Following this logic, Windows applications, virtual machines or any other closed-source sources of risk ought to live on top of an open-source host system that allows deeper inspection in case of a problem, even if the frequency and severity of such flaws are possibly higher. Better to run out of information and conclude that a dubious component has to be removed than to run out of information about the vulnerabilities of a whole system.
Linux fits this risk-reduction model nicely, and friendly distributions are now the norm. While techno-masochists can still install Slackware by following instructional arcana found using Gopher, or compile Gentoo from its component electrons, Ubuntu and a few other distributions provide an admirably friendly and simple user experience, even for odd hardware and less-capable systems. More important, though, Linux is a reasonable host for both open- and closed-source applications, and even for Windows applications in a virtual machine or directly using Wine.
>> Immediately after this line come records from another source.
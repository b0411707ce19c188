-- ===== src/Analyzer/GenerationTracker.antt =====
-- include/noleax/analyzer/generation_tracker.hpp: the state of the tracker.
-- The callbacks are called for their effect on the client only, so the model keeps what they are
-- called with, newest first. An exception leaves the tracker to be discarded, and the model drops it.
pub mod Allocations
pub mod Mappings
pub mod Observe
pub mod Valid
pub mod HeapInvariant
pub mod HeapEvents
pub mod MappingInvariant
pub mod MappingEvents
pub mod Fuel
pub mod Lookup
pub mod Laws
mod Tests
use noleax.Prelude.{ℕ, List, [], Option, none, some, map, ◌++◌, ◌%◌, ◌+◌, ◌^◌, length}
use noleax.Prelude.Map.{find}
use noleax.Trace.Event.{Event}
use noleax.Trace.IntervalSet.{IntervalSet}

pub data GenerationKind : Type 0 where
  heap_allocation virtual_allocation mapped_view : GenerationKind

pub data GenerationEndReason : Type 0 where
  reallocated reallocation_freed freed heap_destroyed virtual_freed unmapped : GenerationEndReason

pub record MemoryGeneration : Type 0 where
  pub kind : GenerationKind
  pub allocation_id : ℕ
  pub mapping_id : ℕ
  pub heap_id : ℕ
  pub heap_handle : ℕ
  pub address : ℕ
  pub size : ℕ
  pub created_by : Event

-- The value of a live interval carries nothing; the source stores the byte 0.
pub record MappingState : Type 0 where
  pub generation : MemoryGeneration
  pub live : IntervalSet ℕ

-- A call of `on_created`, `on_ended` or `on_changed`.
pub data Notice : Type 0 where
  created : MemoryGeneration → Notice
  ended : MemoryGeneration → GenerationEndReason → Event → Notice
  changed : MemoryGeneration → Event → Notice

pub record GenerationTracker : Type 0 where
  pub live_allocations : List (ℕ × MemoryGeneration)
  pub live_mappings : List (ℕ × MappingState)
  pub seen_allocation_ids : List ℕ
  pub seen_mapping_ids : List ℕ
  pub created_count : ℕ
  pub ended_count : ℕ
  pub orphaned_allocation_end_count : ℕ
  pub orphaned_mapping_end_count : ℕ
  pub notices : List Notice

abbrev pub new_tracker : GenerationTracker
new_tracker = record {
  live_allocations = [];
  live_mappings = [];
  seen_allocation_ids = [];
  seen_mapping_ids = [];
  created_count = 0;
  ended_count = 0;
  orphaned_allocation_end_count = 0;
  orphaned_mapping_end_count = 0;
  notices = [];
}

unfoldable pub find_allocation : GenerationTracker → ℕ → Option MemoryGeneration
find_allocation t id = find id t.live_allocations

unfoldable pub find_mapping : GenerationTracker → ℕ → Option MemoryGeneration
find_mapping t id = elim (find id t.live_mappings) [
  | none ↦ none
  | some state ↦ some state.generation
]

unfoldable pub live_generations : GenerationTracker → List MemoryGeneration
live_generations t =
    map (λ (e : ℕ × MemoryGeneration). e.1) t.live_allocations
    ++ map (λ (e : ℕ × MappingState). e.1.generation) t.live_mappings

unfoldable pub live_count : GenerationTracker → ℕ
live_count t = (length t.live_allocations + length t.live_mappings) % 2 ^ 64
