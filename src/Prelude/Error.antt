-- ===== src/Prelude/Error.antt =====
-- The exceptions that the modelled code throws, as values, and the computations that throw them.
use Prim.Native.String.{String}
use mathlib.Core.Path.{◌≡◌, refl}
use mathlib.Core.Bool.{Bool, true, false}
use noleax.Prelude.Tests.{if◌then◌else◌}

-- One constructor for each exception class; the text is the one passed to its constructor.
pub data Error : Type 0 where
  event_validation_error : String → Error
  generation_state_error : String → Error
  completeness_validation_error : String → Error
  stack_validation_error : String → Error
  module_validation_error : String → Error
  custom_hook_validation_error : String → Error
  record_codec_error : String → Error
  wire_format_error : String → Error
  trace_read_error : String → Error
  trace_write_error : String → Error
  memory_snapshot_validation_error : String → Error
  -- No exception of the source: a loop of the model ran out of its fuel.
  out_of_fuel : Error

pub data Result {ℓ} (A : Type ℓ) : Type ℓ where
  ok : A → Result A
  err : Error → Result A

-- `if (test) throw e;`
abbrev pub throw_if : Bool → Error → Result (Unit {0})
throw_if true thrown = err thrown
throw_if false thrown = ok tt

-- The rest of a function, which an exception skips.
infixl 5 ◌>>=◌ ◌>>◌
abbrev pub ◌>>=◌ {κ μ} : {S : Type κ} {T : Type μ} → Result S → (S → Result T) → Result T
err thrown >>= rest = err thrown
ok value >>= rest = rest value

abbrev pub ◌>>◌ {μ} : {T : Type μ} → Result (Unit {0}) → Result T → Result T
first >> rest = first >>= λ done. rest

-- `P` of the value, where there is one: what a computation that may throw guarantees.
abbrev pub Holds {ℓ} : {A : Type ℓ} → (A → Type 0) → Result A → Type 0
Holds P (ok a) = P a
Holds P (err e) = Unit {0}

module _ {ℓ} {A : Type ℓ} (P : A → Type 0) where
  pub Holds-ok : (r : Result A) {a : A} → r ≡ ok a → Holds P r → P a
  Holds-ok r e h = rw e at h

  pub Holds-throw_if :
      (b : Bool) (e : Error) (r : Result A) → (b ≡ false → Holds P r) → Holds P (throw_if b e >> r)
  Holds-throw_if true e r h = tt
  Holds-throw_if false e r h = h refl

  pub Holds-bind {κ} :
      {B : Type κ} (Q : B → Type 0) (m : Result B) (f : B → Result A)
      → Holds Q m
      → ((b : B) → Q b → Holds P (f b))
      → Holds P (m >>= f)
  Holds-bind Q (ok b) f h k = k b h
  Holds-bind Q (err e) f h k = tt

  pub Holds-if :
      (b : Bool) (r s : Result A)
      → (b ≡ true → Holds P r)
      → (b ≡ false → Holds P s)
      → Holds P (if b then r else s)
  Holds-if true r s h k = h refl
  Holds-if false r s h k = k refl

  pub Holds-then : (m : Result (Unit {0})) (r : Result A) → Holds P r → Holds P (m >> r)
  Holds-then (ok u) r h = h
  Holds-then (err e) r h = tt

pub Holds-mono {ℓ} :
    {A : Type ℓ} (Q P : A → Type 0) (r : Result A) → ((a : A) → Q a → P a) → Holds Q r → Holds P r
Holds-mono Q P (ok a) f h = f a h
Holds-mono Q P (err e) f h = tt

pub Holds-intro {ℓ} :
    {A : Type ℓ} (P : A → Type 0) (r : Result A) → ((a : A) → r ≡ ok a → P a) → Holds P r
Holds-intro P (ok a) f = f a refl
Holds-intro P (err e) f = tt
Why not a shiny new Macbook? OS X marginally fits the definition of an open-source base (though it's moved back in the direction of closed-source), and it's surprising how many security researchers and professionals I see using OS X simply because common security issues are taken care of in the base OS, or easily managed. It's conducive to tracing security issues at several levels, and is a reasonably good host to guest operating systems and applications without undue increases in risk. It's not a bad option at all.
Would either common setup prevent or protect me the next time I choose poorly and install a piece of software containing a Trojan, or that triggers some security flaw already on my system? No, but either would - at least - make it easier to isolate the problem, trace its source, eradicate it, and move on. There's no perfect security or recovery solution, but sometimes rearranging the deck chairs does make it easier when bad things happen.